Here is a listing. Set it down again exactly.

--------------------

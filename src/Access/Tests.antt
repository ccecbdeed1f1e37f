-- ===== src/Access/Tests.antt =====
-- The theorems on roles at concrete users.
use wai_ai.Common.{◌≡◌, refl, false, none, some}
use wai_ai.Access.{MeResponse, derive_permissions, role_rank}
use wai_ai.Access.Ladder.{HasOwnFlags, HasNoFlags, derive_permissions_iff}

abbrev lead : MeResponse
lead = record {
  id = "u1";
  email = "lead@example.com";
  display_name = "Lead";
  role = "team_admin";
  org_id = some "o1";
  is_system_admin = false;
}

unknown_role : role_rank (some "auditor") ≡ 0
unfolding role_rank
unknown_role = refl

derive_permissions_iff_example :
    HasOwnFlags lead (derive_permissions (some lead)) × HasNoFlags (derive_permissions none)
derive_permissions_iff_example = derive_permissions_iff lead
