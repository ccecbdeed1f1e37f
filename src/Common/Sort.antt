-- ===== src/Common/Sort.antt =====
-- `Array.prototype.sort` with a comparator: a stable sort. The engine's algorithm is not in the
-- program; with a consistent comparator every stable sort returns the list that this one does.
pub mod Laws
use Prim.Native.Nat.{Ordering}
use mathlib.Core.Path.{◌≡◌}
use mathlib.Core.Logic.{◌≢◌}
use mathlib.Core.Bool.{Bool, true, false}
use mathlib.Core.List.{List, [], ◌∷◌}
use wai_ai.Common.Tests.{if◌then◌else◌}

-- The sign of a comparator's result: `lt` is negative, `gt` positive.
abbrev pub Comparator {ℓ} : Type ℓ → Type ℓ
Comparator A = A → A → Ordering

module _ {ℓ} {A : Type ℓ} (cmp : Comparator A) where
  unfoldable pub insert : A → List A → List A
  insert x [] = x ∷ []
  insert x (y ∷ ys) = elim (cmp x y) [ Ordering.gt ↦ y ∷ insert x ys | _ ↦ x ∷ y ∷ ys ]

  unfoldable pub sort : List A → List A
  unfolding insert
  sort [] = []
  sort (x ∷ xs) = insert x (sort xs)

-- `a < b ? -1 * dir : a > b ? 1 * dir : 0` on the keys of two items.
unfoldable pub compare_by {ℓ κ} :
    {A : Type ℓ} {K : Type κ} → (K → K → Bool) → (A → K) → Bool → Comparator A
compare_by lt key asc a b =
    if lt (key a) (key b)
    then (if asc then Ordering.lt else Ordering.gt)
    else if lt (key b) (key a)
    then (if asc then Ordering.gt else Ordering.lt)
    else Ordering.eq

-- A strict weak order, as the comparisons `<` of numbers and of texts are.
pub record IsStrictOrder {ℓ} {K : Type ℓ} (lt : K → K → Bool) : Type ℓ where
  pub asym : (a b : K) → lt a b ≡ true → lt b a ≡ false
  pub neg_trans : (a b c : K) → lt a b ≡ false → lt b c ≡ false → lt a c ≡ false

-- A comparator for which sorting is well defined.
pub record IsConsistent {ℓ} {A : Type ℓ} (cmp : Comparator A) : Type ℓ where
  pub flip : (a b : A) → cmp a b ≡ Ordering.gt → cmp b a ≢ Ordering.gt
  pub chain : (a b c : A) → cmp a b ≢ Ordering.gt → cmp b c ≢ Ordering.gt → cmp a c ≢ Ordering.gt

-- Every item stands before those that it may not follow.
abbrev pub NoneBefore {ℓ} : {A : Type ℓ} → Comparator A → A → List A → Type 0
NoneBefore cmp x [] = Unit
NoneBefore cmp x (y ∷ ys) = (cmp x y ≢ Ordering.gt) × NoneBefore cmp x ys

abbrev pub IsOrdered {ℓ} : {A : Type ℓ} → Comparator A → List A → Type 0
IsOrdered cmp [] = Unit
IsOrdered cmp (x ∷ xs) = NoneBefore cmp x xs × IsOrdered cmp xs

--------------------

• **Result for this task**:
filename src/Access/Tests.antt
repository ccecbdeed1f1e37f
-- ===== src/Access/Tests.antt =====
-- The theorems on roles at concrete users.
use wai_ai.Common.{◌≡◌, refl, false, none, some}
use wai_ai.Access.{MeResponse, derive_permissions, role_rank}
use wai_ai.Access.Ladder.{HasOwnFlags, HasNoFlags, derive_permissions_iff}

abbrev lead : MeResponse
lead = record {
  id = "u1";
  email = "lead@example.com";
  display_name = "Lead";
  role = "team_admin";
  org_id = some "o1";
  is_system_admin = false;
}

unknown_role : role_rank (some "auditor") ≡ 0
unfolding role_rank
unknown_role = refl

derive_permissions_iff_example :
    HasOwnFlags lead (derive_permissions (some lead)) × HasNoFlags (derive_permissions none)
derive_permissions_iff_example = derive_permissions_iff lead
repository ccecbdeed1f1e37f
filename src/Common/Sort.antt
-- ===== src/Common/Sort.antt =====
-- `Array.prototype.sort` with a comparator: a stable sort. The engine's algorithm is not in the
-- program; with a consistent comparator every stable sort returns the list that this one does.
pub mod Laws
use Prim.Native.Nat.{Ordering}
use mathlib.Core.Path.{◌≡◌}
use mathlib.Core.Logic.{◌≢◌}
use mathlib.Core.Bool.{Bool, true, false}
use mathlib.Core.List.{List, [], ◌∷◌}
use wai_ai.Common.Tests.{if◌then◌else◌}

-- The sign of a comparator's result: `lt` is negative, `gt` positive.
abbrev pub Comparator {ℓ} : Type ℓ → Type ℓ
Comparator A = A → A → Ordering

module _ {ℓ} {A : Type ℓ} (cmp : Comparator A) where
  unfoldable pub insert : A → List A → List A
  insert x [] = x ∷ []
  insert x (y ∷ ys) = elim (cmp x y) [ Ordering.gt ↦ y ∷ insert x ys | _ ↦ x ∷ y ∷ ys ]

  unfoldable pub sort : List A → List A
  unfolding insert
  sort [] = []
  sort (x ∷ xs) = insert x (sort xs)

-- `a < b ? -1 * dir : a > b ? 1 * dir : 0` on the keys of two items.
unfoldable pub compare_by {ℓ κ} :
    {A : Type ℓ} {K : Type κ} → (K → K → Bool) → (A → K) → Bool → Comparator A
compare_by lt key asc a b =
    if lt (key a) (key b)
    then (if asc then Ordering.lt else Ordering.gt)
    else if lt (key b) (key a)
    then (if asc then Ordering.gt else Ordering.lt)
    else Ordering.eq

-- A strict weak order, as the comparisons `<` of numbers and of texts are.
pub record IsStrictOrder {ℓ} {K : Type ℓ} (lt : K → K → Bool) : Type ℓ where
  pub asym : (a b : K) → lt a b ≡ true → lt b a ≡ false
  pub neg_trans : (a b c : K) → lt a b ≡ false → lt b c ≡ false → lt a c ≡ false

-- A comparator for which sorting is well defined.
pub record IsConsistent {ℓ} {A : Type ℓ} (cmp : Comparator A) : Type ℓ where
  pub flip : (a b : A) → cmp a b ≡ Ordering.gt → cmp b a ≢ Ordering.gt
  pub chain : (a b c : A) → cmp a b ≢ Ordering.gt → cmp b c ≢ Ordering.gt → cmp a c ≢ Ordering.gt

-- Every item stands before those that it may not follow.
abbrev pub NoneBefore {ℓ} : {A : Type ℓ} → Comparator A → A → List A → Type 0
NoneBefore cmp x [] = Unit
NoneBefore cmp x (y ∷ ys) = (cmp x y ≢ Ordering.gt) × NoneBefore cmp x ys

abbrev pub IsOrdered {ℓ} : {A : Type ℓ} → Comparator A → List A → Type 0
IsOrdered cmp [] = Unit
IsOrdered cmp (x ∷ xs) = NoneBefore cmp x xs × IsOrdered cmp xs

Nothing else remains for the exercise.